Every year it costs Africa $12 billion in lost productivity.
What is it? Malaria. (stats from Nets for Life)
According to the World Health Organization malaria can be described as being caused by - "... a parasite called Plasmodium, which is transmitted via the bites of infected mosquitoes. In the human body, the parasites multiply in the liver, and then infect red blood cells. Symptoms of malaria include fever, headache, and vomiting, and usually appear between 10 and 15 days after the mosquito bite. If not treated, malaria can quickly become life-threatening by disrupting the blood supply to vital organs"
I have travelled to many areas of the world where malaria is prevalent, I follow the usual regimen of anti-malarial drugs such as doxycyclene, apply DEET(mind you this does little and I still get slaughtered by mosquitoes) and sleep under a net. Which is great, for ME. What are the options for the locals?
For many, in fact for 95% of children in Sub Saharan Africa, there is only one option - do nothing and hope you can build some immunity through exposure. However, some are not so lucky for some they contract the deadly cerebral Malaria and they die, or they are old or very young and they can not win the battle with the parasite dying. I say they have no option as some have not got the money for a net or for drugs or they just think that malaria is a way of life and that is just how it is. There is hardly a person I have met in Malawi, Uganda or Ghana who has not been directly infected with Malaria and there is just as few who have not mourned for a loved one who has died from it. Malaria, is common, it kills often and almost everyone has it.

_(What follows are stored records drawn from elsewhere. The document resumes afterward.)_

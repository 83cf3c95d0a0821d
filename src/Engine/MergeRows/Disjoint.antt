-- ===== src/Engine/MergeRows/Disjoint.antt =====
-- `mergeRows` where no row is changed in both clones.
use repodb.Base.{
  ℕ, ◌+◌, ◌<◌, ◌≡◌, refl, ap, ◌∙◌, false, none, List, [], ◌∷◌, arith, length, map, inl, inr, ◌⊎◌,
  Option,
}
use repodb.Bytes.{Bytes}
use repodb.Bytes.Order.{equal_bytes_refl}
use repodb.Bytes.Sorted.{Sorted, find}
use repodb.Bytes.Assoc.{Assoc, lookup}
use repodb.Prolly.{Entry, entry_key}
use repodb.Engine.MergeRows.{Resolution, Cell, Decision, take, decide, row_id, merged, merge_loop}
use repodb.Engine.MergeRows.Cursors.{cell}
use repodb.Engine.MergeRows.Symmetry.{eq_of_same, same_of_eq}
use repodb.Engine.MergeRows.Spec.{chosen, is_conflict, collect, itself, decision, conflict_at}
use repodb.Engine.MergeRows.Pointwise.{IsValid, merge_loop_lem}

decide-local_kept : (o : Option Resolution) (b l r : Cell) → l ≡ b → decide o b l r ≡ take r
unfolding decide
decide-local_kept o b l r e = ground (arith, eq_of_same l r, same_of_eq l b e)

decide-remote_kept : (o : Option Resolution) (b l r : Cell) → r ≡ b → decide o b l r ≡ take l
unfolding decide
decide-remote_kept o b l r e = ground (arith, eq_of_same l b, same_of_eq r b e, e)

IsValid-take : (d : Decision) (c : Cell) → d ≡ take c → IsValid d
IsValid-take d c e = rw e tt

nothing_found : (keys : List Bytes) → ((k : Bytes) → find itself k keys ≡ none) → keys ≡ []
unfolding find
nothing_found [] h = refl
nothing_found (k ∷ keys) h = absurd (ground (arith, h k, equal_bytes_refl k))

module _ (table : Bytes) (resolutions : Assoc Resolution) (fuel : ℕ) (b l r : List Entry)
    (sb : Sorted entry_key b) (sl : Sorted entry_key l) (sr : Sorted entry_key r)
    (disjoint : (k : Bytes) → (cell k l ≡ cell k b) ⊎ (cell k r ≡ cell k b))
    (h : length b + length l + length r < fuel) where
  abbrev here : Bytes → Decision
  here k = decision table resolutions k b l r

  local_kept : (k : Bytes) → cell k l ≡ cell k b → here k ≡ take (cell k r)
  local_kept k e = decide-local_kept (lookup (row_id table k) resolutions) _ _ _ e

  remote_kept : (k : Bytes) → cell k r ≡ cell k b → here k ≡ take (cell k l)
  remote_kept k e = decide-remote_kept (lookup (row_id table k) resolutions) _ _ _ e

  here-IsValid : (k : Bytes) → IsValid (here k)
  here-IsValid k = elim (disjoint k) [
    | inl e ↦ IsValid-take (here k) (cell k r) (local_kept k e)
    | inr e ↦ IsValid-take (here k) (cell k l) (remote_kept k e)
  ]

  no_conflict : (k : Bytes) → is_conflict (here k) ≡ false
  no_conflict k = elim (disjoint k) [
    | inl e ↦ rw (local_kept k e) refl
    | inr e ↦ rw (remote_kept k e) refl
  ]

  -- Let the three versions be sorted by key, and let each key have its base cell in the local or in
  -- the remote version. Then the loop ends, for every fuel above the number of entries, whatever the
  -- resolutions, without a conflict or an error, and emits rows in strictly increasing key order. A
  -- key that the local version did not change has its remote cell in them, and one that the remote
  -- version did not change its local cell: added, changed and deleted rows of both are kept.
  pub merge_loop-disjoint :
      (rows : List Entry) × (merge_loop collect table resolutions fuel b l r [] [] ≡ merged [] rows)
      × Sorted entry_key rows
      × ((k : Bytes) → cell k l ≡ cell k b → cell k rows ≡ cell k r)
      × ((k : Bytes) → cell k r ≡ cell k b → cell k rows ≡ cell k l)
  merge_loop-disjoint =
      let (keys, rows, ran, is_merge) =
        merge_loop_lem table resolutions fuel b l r sb sl sr here-IsValid h in
      let empty : keys ≡ [] =
        nothing_found keys (λ k. is_merge.keys_conflict k ∙ rw (no_conflict k) refl) in
      (
        rows,
        ran ∙ ap (λ js. merged (map (conflict_at table resolutions b l r) js) rows) empty,
        is_merge.rows_sorted,
        (λ k e. is_merge.rows_cells k ∙ ap chosen (local_kept k e)),
        (λ k e. is_merge.rows_cells k ∙ ap chosen (remote_kept k e)),
      )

I asked Pastor James, our Uganda Country Director, how many times has he had Malaria - "Oh many times, I loose count". I know he has it a few more times since I asked him two years ago. Chimwemwe, in Malawi who is maybe 13 years old, "I have had Malaria 12 times..." One of the most affecting things I ever saw was a women I met in Ghana who lay on her concrete floor dying from Malaria. The drugs, cost $10 and she was dying because she did not have $10. They say Malaria has killed more people that all the wars combined, I would believe that.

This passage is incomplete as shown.